Stored data
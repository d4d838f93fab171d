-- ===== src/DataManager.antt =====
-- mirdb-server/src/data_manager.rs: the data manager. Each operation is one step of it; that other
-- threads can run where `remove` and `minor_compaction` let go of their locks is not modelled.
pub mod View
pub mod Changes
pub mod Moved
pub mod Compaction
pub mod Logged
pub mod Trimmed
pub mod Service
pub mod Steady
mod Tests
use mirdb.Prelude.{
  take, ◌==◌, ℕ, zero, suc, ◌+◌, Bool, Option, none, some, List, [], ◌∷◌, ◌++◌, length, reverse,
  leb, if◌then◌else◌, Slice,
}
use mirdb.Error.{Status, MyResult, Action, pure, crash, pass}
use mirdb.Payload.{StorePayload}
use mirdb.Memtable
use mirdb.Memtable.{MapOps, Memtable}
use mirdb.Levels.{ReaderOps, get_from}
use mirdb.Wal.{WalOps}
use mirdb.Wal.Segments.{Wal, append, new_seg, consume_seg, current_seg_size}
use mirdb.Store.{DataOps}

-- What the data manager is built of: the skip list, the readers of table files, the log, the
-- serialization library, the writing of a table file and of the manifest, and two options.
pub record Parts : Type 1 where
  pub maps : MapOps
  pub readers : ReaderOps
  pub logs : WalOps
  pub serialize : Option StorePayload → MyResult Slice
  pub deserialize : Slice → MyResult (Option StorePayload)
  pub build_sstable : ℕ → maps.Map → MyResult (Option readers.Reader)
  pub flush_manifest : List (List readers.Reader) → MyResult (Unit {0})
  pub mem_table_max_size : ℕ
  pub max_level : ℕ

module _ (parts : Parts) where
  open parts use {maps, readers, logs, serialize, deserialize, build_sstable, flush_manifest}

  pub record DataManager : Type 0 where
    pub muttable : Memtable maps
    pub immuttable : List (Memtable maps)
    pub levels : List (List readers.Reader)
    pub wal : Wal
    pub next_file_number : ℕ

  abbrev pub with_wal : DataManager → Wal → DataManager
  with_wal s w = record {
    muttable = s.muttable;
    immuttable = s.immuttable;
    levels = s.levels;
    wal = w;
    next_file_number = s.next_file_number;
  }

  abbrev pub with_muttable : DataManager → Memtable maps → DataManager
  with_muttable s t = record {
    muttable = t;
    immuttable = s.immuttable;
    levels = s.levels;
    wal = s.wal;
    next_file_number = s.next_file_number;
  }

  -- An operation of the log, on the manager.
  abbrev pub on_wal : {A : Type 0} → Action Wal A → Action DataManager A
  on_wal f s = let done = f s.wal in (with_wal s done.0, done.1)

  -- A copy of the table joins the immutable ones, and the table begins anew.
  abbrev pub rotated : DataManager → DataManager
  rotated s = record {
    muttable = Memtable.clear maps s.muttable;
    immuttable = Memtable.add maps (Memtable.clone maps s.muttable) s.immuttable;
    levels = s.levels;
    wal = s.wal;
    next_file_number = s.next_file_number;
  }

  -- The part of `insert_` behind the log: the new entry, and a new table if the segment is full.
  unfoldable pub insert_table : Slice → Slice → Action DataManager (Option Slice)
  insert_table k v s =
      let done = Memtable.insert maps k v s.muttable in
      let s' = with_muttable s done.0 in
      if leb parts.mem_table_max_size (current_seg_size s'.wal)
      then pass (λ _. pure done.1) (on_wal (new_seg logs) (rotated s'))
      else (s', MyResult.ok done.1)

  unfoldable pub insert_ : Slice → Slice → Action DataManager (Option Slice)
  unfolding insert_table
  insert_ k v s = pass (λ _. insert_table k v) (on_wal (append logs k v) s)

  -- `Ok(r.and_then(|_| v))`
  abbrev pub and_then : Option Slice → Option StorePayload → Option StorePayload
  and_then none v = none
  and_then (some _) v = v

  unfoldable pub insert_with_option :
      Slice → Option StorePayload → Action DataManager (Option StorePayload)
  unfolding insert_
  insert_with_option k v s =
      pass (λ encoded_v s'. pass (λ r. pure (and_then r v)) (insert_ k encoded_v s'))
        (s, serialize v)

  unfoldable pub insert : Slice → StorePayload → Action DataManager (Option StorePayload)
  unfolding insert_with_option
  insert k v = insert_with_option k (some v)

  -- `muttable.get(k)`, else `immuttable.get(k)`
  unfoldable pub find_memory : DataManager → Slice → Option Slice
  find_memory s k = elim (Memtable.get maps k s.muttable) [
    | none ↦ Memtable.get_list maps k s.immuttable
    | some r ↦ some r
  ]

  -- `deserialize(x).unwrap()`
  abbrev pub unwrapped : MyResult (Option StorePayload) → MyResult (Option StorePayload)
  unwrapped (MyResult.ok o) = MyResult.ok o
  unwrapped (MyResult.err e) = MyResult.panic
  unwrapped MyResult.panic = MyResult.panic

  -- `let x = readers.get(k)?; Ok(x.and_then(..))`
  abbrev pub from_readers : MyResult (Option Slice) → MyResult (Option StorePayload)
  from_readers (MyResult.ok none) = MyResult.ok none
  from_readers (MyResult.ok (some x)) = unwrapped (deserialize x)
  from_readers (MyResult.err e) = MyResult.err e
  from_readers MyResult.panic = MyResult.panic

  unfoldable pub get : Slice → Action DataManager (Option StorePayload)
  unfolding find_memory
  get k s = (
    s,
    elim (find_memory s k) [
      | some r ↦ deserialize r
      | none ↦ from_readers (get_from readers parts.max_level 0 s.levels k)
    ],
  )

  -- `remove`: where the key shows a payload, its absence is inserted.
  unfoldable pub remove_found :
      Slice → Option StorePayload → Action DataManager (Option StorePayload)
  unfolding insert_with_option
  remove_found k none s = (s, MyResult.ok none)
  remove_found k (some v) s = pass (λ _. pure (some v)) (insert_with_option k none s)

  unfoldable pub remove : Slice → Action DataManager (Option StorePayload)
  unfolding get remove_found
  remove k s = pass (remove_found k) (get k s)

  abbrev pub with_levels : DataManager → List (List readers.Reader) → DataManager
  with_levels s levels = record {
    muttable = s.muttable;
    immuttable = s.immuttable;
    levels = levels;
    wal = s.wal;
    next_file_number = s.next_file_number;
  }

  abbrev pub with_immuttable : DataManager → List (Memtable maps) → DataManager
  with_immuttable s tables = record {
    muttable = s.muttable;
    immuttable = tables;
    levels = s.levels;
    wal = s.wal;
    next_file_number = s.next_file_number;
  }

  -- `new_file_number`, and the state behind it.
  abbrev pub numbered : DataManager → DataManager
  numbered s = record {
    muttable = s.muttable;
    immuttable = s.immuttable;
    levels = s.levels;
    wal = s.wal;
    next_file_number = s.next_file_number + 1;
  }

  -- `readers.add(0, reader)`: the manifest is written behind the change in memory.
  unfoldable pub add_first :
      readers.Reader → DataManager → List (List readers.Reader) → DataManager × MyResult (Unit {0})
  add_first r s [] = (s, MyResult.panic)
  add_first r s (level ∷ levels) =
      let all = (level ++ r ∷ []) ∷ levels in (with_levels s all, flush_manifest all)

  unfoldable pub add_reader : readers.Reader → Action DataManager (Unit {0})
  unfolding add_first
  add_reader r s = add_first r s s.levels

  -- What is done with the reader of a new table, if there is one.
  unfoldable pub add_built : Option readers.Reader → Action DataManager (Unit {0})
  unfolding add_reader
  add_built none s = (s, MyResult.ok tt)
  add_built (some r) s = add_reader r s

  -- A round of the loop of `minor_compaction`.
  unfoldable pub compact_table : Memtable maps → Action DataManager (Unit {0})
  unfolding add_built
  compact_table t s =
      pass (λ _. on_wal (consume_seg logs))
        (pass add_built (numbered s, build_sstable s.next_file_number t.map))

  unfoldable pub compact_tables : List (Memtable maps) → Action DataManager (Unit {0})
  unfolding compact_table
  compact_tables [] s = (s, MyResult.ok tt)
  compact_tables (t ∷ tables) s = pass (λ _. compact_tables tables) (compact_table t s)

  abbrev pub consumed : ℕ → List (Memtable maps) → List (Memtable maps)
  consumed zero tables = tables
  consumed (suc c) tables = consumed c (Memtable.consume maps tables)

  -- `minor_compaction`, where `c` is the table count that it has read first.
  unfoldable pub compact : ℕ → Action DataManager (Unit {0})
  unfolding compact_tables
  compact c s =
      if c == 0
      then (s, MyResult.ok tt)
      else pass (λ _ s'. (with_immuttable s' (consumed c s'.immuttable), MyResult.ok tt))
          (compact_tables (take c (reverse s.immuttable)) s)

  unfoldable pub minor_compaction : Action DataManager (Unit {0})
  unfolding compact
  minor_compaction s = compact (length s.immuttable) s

• TASK PROMPT: Every line in the data above that contains the word "WalOps" should be copied.

• ANSWER SPACE:
use mirdb.Wal.{WalOps}
  pub logs : WalOps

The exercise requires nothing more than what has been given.